In our two most recent pieces, Black Glass: Before There Was Glassblowing and Coloured Glass: Before The Age of Glass Blowing, we examined the motivations (both practical and cultural) that shaped the genesis of glassmaking. We also explored the ancient trade routes that helped spread glass art around the world, spurring innovations that would ultimately popularise glass. However, no discussion of glassmaking in the Bronze Age would be complete without an investigation into the techniques these early pioneers used to create their works. Only through understanding the difficulties faced by the first glass artists can we truly appreciate the ingenuity of their pieces, and only by comprehending the initial rarity and luxury of glass as a material can we fully appreciate the cultural context that first connected glass to art.
Today, we take the accessibility of manufactured goods largely for granted. In this era of automation and digitization, our wish is the command of machines innumerable, with technology having advanced to a point where we can produce complex items either en masse or as bespoke pieces, printed out within the comfort of our homes. It is therefore difficult for most of us to truly fathom the kind of craftsmanship, creativity, and expertise that went into creating the earliest glass pieces, to put ourselves in the minds of people who—barely removed from the Stone Age—drew up handfuls of sand and ash and began to imagine the possibilities. For all that technology has diversified what it can create, we have all but lost touch with the alchemy of human spirit and raw materials, which was once the mother of all invention.
Bronze Age Glass Art Techniques
During the Bronze Age, manufacturing glass art was a slow, laborious process; not only were furnaces small, but the heat they produced was barely sufficient to melt glass. The blowpipe, the innovation which ultimately allowed glass to become mainstream, would not be experimented with until the first century BCE; until then, the diligent craftsmen of Egypt, Mesopotamia, Greece, and Southern Asia had to manipulate glass via the following methods:
Core Formation
The earliest glass vessels known to archaeologists, found in the ruins of ancient Mesopotamia, were “core formed”. To create a core-formed vessel, Mesopotamian glassmakers shaped a clay core around a metal rod, baked the core to harden it, and then painstakingly wrapped molten glass around it. Alternately, some artisans would dip the core in the glass.

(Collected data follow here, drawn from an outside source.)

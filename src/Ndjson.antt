-- ===== src/Ndjson.antt =====
-- src/core/ndjson.py: the readers and writers of newline-delimited JSON files.
--
-- A file is its bytes. The JSON parser, the decoder and the space test are parameters (`Json`); the
-- window and chunk sizes are arguments, and the source's are `tail_window_size` and
-- `count_chunk_size`. A missing file is `none`. An iterator is the list of what it yields; the
-- debug log of a skipped line is left out, and so are the memos, which Memo models.
pub mod Lines
pub mod Windows
pub mod FromEnd
pub mod Tail
pub mod Counting
pub mod Writing
mod Tests
use claude_code_manager.Base.{
  ℕ, zero, suc, ◌+◌, ◌-◌, ◌*◌, min, ◌≡◌, Bool, true, false, not, Option, none, some, List, [], ◌∷◌,
  ◌++◌, reverse, if◌then◌else◌, is_empty, take, drop, length, Text, nat_eq, ltb, leb, ◌&&◌, filter,
  ℤ, pos,
}

-- orjson and the decoding of bytes with `errors="replace"`. `loads` answers none where the parser
-- raises, and `some none` for the JSON value null, which Python has as None.
pub record Json (V : Type 0) : Type 0 where
  pub loads : Text → Option (Option V)
  pub loads_text : Text → Option (Option V)
  pub decode : Text → Text
  pub is_space : ℕ → Bool
  pub is_byte_space : ℕ → Bool

abbrev pub newline : ℕ
newline = 10

abbrev pub tail_window_size : ℕ
tail_window_size = 512 * 1024

abbrev pub count_chunk_size : ℕ
count_chunk_size = 1024 * 1024

-- A line of a file that is read as text, or as bytes.
pub data Line : Type 0 where
  text_line bytes_line : Text → Line

abbrev pub bytes_lines : List Text → List Line
bytes_lines [] = []
bytes_lines (s ∷ ss) = bytes_line s ∷ bytes_lines ss

abbrev pub text_lines : List Text → List Line
text_lines [] = []
text_lines (s ∷ ss) = text_line s ∷ text_lines ss

-- A file that `O_CREAT` makes is empty.
abbrev pub existing : Option Text → Text
existing none = []
existing (some file) = file

abbrev pub every : (ℕ → Bool) → Text → Bool
every p [] = true
every p (c ∷ s) = if p c then every p s else false

abbrev pub cons_head : ℕ → List Text → List Text
cons_head c [] = (c ∷ []) ∷ []
cons_head c (l ∷ ls) = (c ∷ l) ∷ ls

-- `data.split(b"\n")`
unfoldable pub split : Text → List Text
split [] = [] ∷ []
split (c ∷ s) = if nat_eq c newline then [] ∷ split s else cons_head c (split s)

-- `b"".join(pieces)`
abbrev pub join : List Text → Text
join [] = []
join (p ∷ ps) = p ++ join ps

abbrev pub shifted : Bool → Option ℕ → Option ℕ
shifted here (some n) = some (suc n)
shifted true none = some 0
shifted false none = none

-- `window.rfind(b"\n")`
unfoldable pub rfind : Text → Option ℕ
rfind [] = none
rfind (c ∷ s) = shifted (nat_eq c newline) (rfind s)

-- `np.count_nonzero(... == 0x0A)`
abbrev pub newlines : Text → ℕ
newlines [] = 0
newlines (c ∷ s) = if nat_eq c newline then suc (newlines s) else newlines s

module _ {V : Type 0} where
  abbrev pub parsed : Option (Option V) → Option V → Option V
  parsed none otherwise = otherwise
  parsed (some v) otherwise = v

  -- `parse_ndjson_line`
  unfoldable pub parse_ndjson_line : Json V → Line → Option V
  parse_ndjson_line json (text_line s) =
      if every json.is_space s then none else parsed (json.loads_text s) none
  parse_ndjson_line json (bytes_line s) =
      if every json.is_byte_space s
      then none
      else parsed (json.loads s) (parsed (json.loads_text (json.decode s)) none)

  -- Python's None is skipped.
  abbrev pub emit : Option V → List V → List V
  emit none vs = vs
  emit (some v) vs = v ∷ vs

  -- `iter_ndjson_events`
  unfoldable pub iter_ndjson_events : Json V → List Line → List V
  iter_ndjson_events json [] = []
  iter_ndjson_events json (l ∷ ls) = emit (parse_ndjson_line json l) (iter_ndjson_events json ls)

  -- The events of lines of bytes.
  abbrev pub events : Json V → List Text → List V
  events json ls = iter_ndjson_events json (bytes_lines ls)

-- What one step of the walk from the end yields, and what it leaves of the line that spans the
-- start of its window.
abbrev pub Segment : Type 0
Segment = List Text × List Text

-- A window within one line.
abbrev pub within_line : Bool → Text → List Text → Segment
within_line at_start window pending =
    ((if at_start then join (window ∷ pending) ∷ [] else []), window ∷ pending)

abbrev pub closed_lines : List Text → Text → List Text → List Text
closed_lines lines spanning [] = if is_empty spanning then lines else lines ++ spanning ∷ []
closed_lines lines spanning (p ∷ ps) = lines ++ join (spanning ∷ p ∷ ps) ∷ []

abbrev pub cut_first : Bool → List Text → Segment
cut_first true lines = (reverse lines, [])
cut_first false [] = ([], [])
cut_first false (first ∷ lines) = (reverse lines, first ∷ [])

abbrev pub segment_at : Option ℕ → Bool → Text → List Text → Segment
segment_at none at_start window pending = within_line at_start window pending
segment_at (some nl) at_start window pending =
    cut_first at_start (closed_lines (split (take nl window)) (drop (suc nl) window) pending)

unfoldable pub segment : Bool → Text → List Text → Segment
segment at_start window pending = segment_at (rfind window) at_start window pending

-- The loop of `iter_ndjson_events_from_end`: the position falls by `size`, down to 0 like
-- `max(0, pos - size)`, so that the length of the file is enough fuel.
unfoldable pub walk_back : {V : Type 0} → Json V → ℕ → Text → ℕ → ℕ → List Text → List V
walk_back json size file zero at pending = []
walk_back json size file (suc fuel) zero pending = []
walk_back json size file (suc fuel) (suc n) pending =
    let start = suc n - size in
    let (lines, left) = segment (nat_eq start 0) (take (suc n - start) (drop start file)) pending in
    events json lines ++ walk_back json size file fuel start left

unfoldable pub iter_ndjson_events_from_end : {V : Type 0} → Json V → ℕ → Option Text → List V
iter_ndjson_events_from_end json size none = []
iter_ndjson_events_from_end json size (some file) =
    walk_back json size file (length file) (length file) []

unfoldable pub parse_ndjson_tail_parseable : {V : Type 0} → Json V → ℕ → Option Text → ℤ → List V
parse_ndjson_tail_parseable json size file (pos (suc n)) =
    reverse (take (suc n) (iter_ndjson_events_from_end json size file))
parse_ndjson_tail_parseable json size file _ = []

-- `chunk[-1:]` of a chunk that is not empty
abbrev pub last_byte : ℕ → Text → Option ℕ
last_byte c [] = some c
last_byte c (d ∷ s) = last_byte d s

-- A last line without a newline counts.
abbrev pub open_line : Option ℕ → ℕ
open_line none = 0
open_line (some c) = if nat_eq c newline then 0 else 1

-- `_count_lines`: a read takes `size` bytes, fewer at the end of the file and none behind it, so
-- that the length of the file and one more is enough fuel.
unfoldable pub count_loop : ℕ → ℕ → Text → ℕ → Option ℕ → ℕ
count_loop zero size rest total last = total
count_loop (suc fuel) size rest total last = elim (take size rest) [
  | [] ↦ total + open_line last
  | c ∷ cs ↦ count_loop fuel size (drop size rest) (total + newlines (c ∷ cs)) (last_byte c cs)
]

unfoldable pub count_lines : ℕ → Text → ℕ
count_lines size file = count_loop (suc (length file)) size file 0 none

-- `count_ndjson_lines`
unfoldable pub count_ndjson_lines : ℕ → Option Text → ℕ
count_ndjson_lines chunk none = 0
count_ndjson_lines chunk (some file) = count_lines chunk file

abbrev pub drop_last_empty : List Text → List Text
drop_last_empty [] = []
drop_last_empty ([] ∷ []) = []
drop_last_empty ((c ∷ l) ∷ []) = (c ∷ l) ∷ []
drop_last_empty (l ∷ m ∷ ls) = l ∷ drop_last_empty (m ∷ ls)

-- The lines that the tail reader keeps.
abbrev pub is_kept : {V : Type 0} → Json V → Text → Bool
is_kept json l = not (every json.is_byte_space l)

-- `xs[-n:]` for a positive n
abbrev pub last_n {ℓ} : {A : Type ℓ} → ℕ → List A → List A
last_n n xs = drop (length xs - n) xs

abbrev pub window_lines : {V : Type 0} → Json V → ℕ → Text → List Text
window_lines json size file =
    filter (is_kept json) (drop_last_empty (drop 1 (split (drop (length file - size) file))))

unfoldable pub tail_lines : {V : Type 0} → Json V → ℕ → Text → ℕ → List Text
tail_lines json size file n =
    if ltb size (length file) && leb n (length (window_lines json size file))
    then last_n n (window_lines json size file)
    else last_n n (filter (is_kept json) (split file))

-- `parse_ndjson_tail` without its memo: the events, the number of lines, and whether there are
-- more than the limit
abbrev pub tail_page : {V : Type 0} → Json V → ℕ → Text → ℕ → ℕ → List V × ℕ × Bool
tail_page json size file limit total =
    if nat_eq (min limit total) 0
    then ([], total, ltb limit total)
    else (events json (tail_lines json size file (min limit total)), total, ltb limit total)

unfoldable pub parse_ndjson_tail :
    {V : Type 0} → Json V → ℕ → ℕ → Option Text → ℕ → List V × ℕ × Bool
parse_ndjson_tail json size chunk none limit = ([], 0, false)
parse_ndjson_tail json size chunk (some file) limit =
    let total = count_ndjson_lines chunk (some file) in
    if nat_eq total 0 then ([], 0, false) else tail_page json size file limit total

-- `parse_ndjson_file` and `parse_ndjson_range`, over the lines that the file yields as text
unfoldable pub parse_ndjson_file : {V : Type 0} → Json V → Option (List Text) → List V
parse_ndjson_file json none = []
parse_ndjson_file json (some ls) = iter_ndjson_events json (text_lines ls)

unfoldable pub parse_ndjson_range :
    {V : Type 0} → Json V → Option (List Text) → ℕ → ℕ → List V × Bool
parse_ndjson_range json none start stop = ([], false)
parse_ndjson_range json (some ls) start stop =
    (iter_ndjson_events json (text_lines (take (stop - start) (drop start ls))), ltb 0 start)

-- `write_all`, at an `os.write` that takes `accept n view` of the `view` bytes it is offered at its
-- n-th call: what has reached the file, and what is left
unfoldable pub write_all : (ℕ → ℕ → ℕ) → ℕ → ℕ → Text → Text → Text × Text
write_all accept zero n file view = (file, view)
write_all accept (suc fuel) n file [] = (file, [])
write_all accept (suc fuel) n file (c ∷ view) =
    let taken = accept n (length (c ∷ view)) in
    write_all accept fuel (suc n) (file ++ take taken (c ∷ view)) (drop taken (c ∷ view))

-- `append_ndjson`, of the JSON text of an event
unfoldable pub append_ndjson : (ℕ → ℕ → ℕ) → Text → Option Text → Text
append_ndjson accept json file =
    let line = json ++ newline ∷ [] in (write_all accept (length line) 0 (existing file) line).0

While the presence of the core ensured that the vessel would have a usable and relatively uniform interior, separating the core from the glass object was no easy task; once the glass had cooled completely, the glassmaker would have to remove the metal rod and then slowly pick out the clay core with a sharp object. Nevertheless, many of these early glass artists chose to take the time to decorate their work; Mesopotamian vessels were often wrapped with threads of coloured glass to create aesthetically pleasing designs.
Fusing and Slumping
In order to create more complex pieces, glassworkers in ancient Mesopotamia took to using a technique known as “fusing and slumping”. Fusing saw several different pieces of glass being assembled together before the seams were joined using heat, whereas slumping involved taking a piece of glass (sometimes shaped beforehand via fusing) and placing it into a mould, where it could be heated until it “slumped” and conformed to the shape of the mould.

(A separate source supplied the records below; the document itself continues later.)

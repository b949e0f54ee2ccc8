-- ===== src/Ndjson/Lines.antt =====
-- Splitting and joining the lines of src/core/ndjson.py.
use claude_code_manager.Base.{
  ℕ, zero, suc, ◌+◌, ◌≡◌, refl, sym, ◌∙◌, ap, Option, none, some, List, [], ◌∷◌, ◌++◌, take, drop,
  Text, nat_eq, arith, Bool-cases, Option-cases, inl, inr,
}
use claude_code_manager.Ndjson.{newline, newlines, cons_head, split, shifted, rfind}

pub newlines-append : (s t : Text) → newlines (s ++ t) ≡ newlines s + newlines t
newlines-append [] t = omega arith
newlines-append (c ∷ s) t = ground (arith, newlines-append s t)

-- The first line, and the lines behind it.
pub split_shape : (s : Text) → (head : Text) × (rest : List Text) × split s ≡ head ∷ rest
unfolding split
split_shape [] = ([], [], refl)
split_shape (c ∷ s) =
    let (head, rest, e) = split_shape s in
    elim (Bool-cases (nat_eq c newline)) [
      | inl h ↦ ([], split s, rw (h) refl)
      | inr h ↦ (c ∷ head, rest, rw (h, e) refl)
    ]

pub split_one : (s : Text) → newlines s ≡ 0 → split s ≡ s ∷ []
unfolding split
split_one [] h = refl
split_one (c ∷ s) h = elim (Bool-cases (nat_eq c newline)) [
  | inl e ↦ absurd (ground (arith, e, h))
  | inr e ↦ rw (e, split_one s (ground (arith, e, h))) refl
]

cons_head-append :
    (c : ℕ) (xs ys : List Text) (head : Text) (rest : List Text)
    → xs ≡ head ∷ rest
    → cons_head c (xs ++ ys) ≡ cons_head c xs ++ ys
cons_head-append c xs ys head rest e = rw (e) refl

-- `cons_head` on the lines of a text, before more lines.
cons_head-split :
    (c : ℕ) (s : Text) (ys : List Text) → cons_head c (split s ++ ys) ≡ cons_head c (split s) ++ ys
cons_head-split c s ys =
    let (head, rest, e) = split_shape s in cons_head-append c (split s) ys head rest e

-- A newline closes the line before it.
pub split-newline : (s t : Text) → split (s ++ newline ∷ t) ≡ split s ++ split t
unfolding split
split-newline [] t = refl
split-newline (c ∷ s) t = elim (Bool-cases (nat_eq c newline)) [
  | inl e ↦ rw (e, split-newline s t) refl
  | inr e ↦ rw (e, split-newline s t) (cons_head-split c s (split t))
]

-- Text before a list of lines is text before its first line.
pub split-append :
    (s t head : Text) (rest : List Text)
    → split t ≡ head ∷ rest
    → newlines head ≡ 0
    → split (s ++ t) ≡ split (s ++ head) ++ rest
unfolding split
split-append [] t head rest e h = rw (e, split_one head h) refl
split-append (c ∷ s) t head rest e h = elim (Bool-cases (nat_eq c newline)) [
  | inl b ↦ rw (b, split-append s t head rest e h) refl
  | inr b ↦ rw (b, split-append s t head rest e h) (cons_head-split c (s ++ head) rest)
]

first_line : List Text → Text
first_line [] = []
first_line (l ∷ ls) = l

split_first-newlines : (s : Text) → newlines (first_line (split s)) ≡ 0
unfolding split first_line
split_first-newlines [] = refl
split_first-newlines (c ∷ s) =
    let (head, rest, e) = split_shape s in
    elim (Bool-cases (nat_eq c newline)) [
      | inl h ↦ rw (h) refl
      | inr h ↦ rw (h, e, h) (ap (λ ls. newlines (first_line ls)) (sym e) ∙ split_first-newlines s)
    ]

pub split_head-newlines :
    (s head : Text) (rest : List Text) → split s ≡ head ∷ rest → newlines head ≡ 0
unfolding first_line
split_head-newlines s head rest e =
    ap (λ ls. newlines (first_line ls)) (sym e) ∙ split_first-newlines s

-- What `rfind` finds: a newline, and none behind it.
pub record IsLastNewline (s : Text) (n : ℕ) : Type 0 where
  pub parts : take n s ++ newline ∷ drop (suc n) s ≡ s
  pub last : newlines (drop (suc n) s) ≡ 0

pub rfind-none : (s : Text) → rfind s ≡ none → newlines s ≡ 0
unfolding rfind
rfind-none [] h = refl
rfind-none (c ∷ s) h = elim (Option-cases (rfind s)) [
  | inl e ↦ ground (arith, h, e, rfind-none s e)
  | inr (n, e) ↦ absurd (ground (arith, h, e))
]

pub rfind-IsLastNewline : (s : Text) (n : ℕ) → rfind s ≡ some n → IsLastNewline s n
unfolding rfind
rfind-IsLastNewline [] n h = ground (arith, h)
rfind-IsLastNewline (c ∷ s) n h = go (rfind s) refl (λ k. rfind-IsLastNewline s k) n h
  where
    go :
        (o : Option ℕ)
        → rfind s ≡ o
        → ((k : ℕ) → rfind s ≡ some k → IsLastNewline s k)
        → (n : ℕ) → shifted (nat_eq c newline) o ≡ some n
        → IsLastNewline (c ∷ s) n
    go (some k) e found zero q = ground (arith, q)
    go (some k) e found (suc n) q =
        let at = found n (e ∙ ap some (ground (arith, q))) in
        record { parts = ap (◌∷◌ c) at.parts; last = at.last }
    go none e found zero q = record {
      parts = ap (λ d. d ∷ s) (sym (ground (arith, q)));
      last = rfind-none s e;
    }
    go none e found (suc n) q = ground (arith, q)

The Hellenistic Greeks used fusing and slumping to great effect, mastering the creation of large pieces like vases, jugs, and various tablewares. They also experimented with the earliest-known rendition of the “millefiori” technique—a method that is still used to create glass art today. (To create their millefiori works, the Greeks placed canes of sliced multi-coloured glass into a mould, then fused them with heat, creating a mosaic effect.)
Chunk Casting
Chunk casting was popular in the ancient world because, as mentioned in Coloured Glass: Before The Age of Glass Blowing, the recipes needed to create glass from raw materials were so closely guarded during the Bronze Age that they were akin to state secrets. Chunk casting, as the name suggests, utilised premade chunks of unshaped glass (referred to as “ingots”); artisans placed the ingots into clay moulds and then heated them until they took on the mould’s shape. While this method was far from perfect—it produced gases which created swirls and bubbles along the walls of core-formed vessels—these blemishes were, to Bronze Age people still freshly enamoured with this mesmerising new material, a decorative feature.
Glass Grinding
The unsophisticated methods of glass production outlined above seldom ever produced pieces that could be pulled from their moulds and declared complete; these early techniques often left visible excess material along seam lines, among other issues. As such, Bronze Age glass artists would wait for their wares to cool completely, then reach for a specialised grinding stone; with this, they would slowly and carefully grind away excess glass, refine decorations, and eventually produce pieces fit for the Emperors, Kings, and nobles that formed their clientele.
As is so often the case when love is poured into an object wrought by patient hands, there is something enduring, timeless, and moving about many of these very early glass pieces; imperfect though they may be, their appeal as glass art has not waned despite the passing of several thousand years.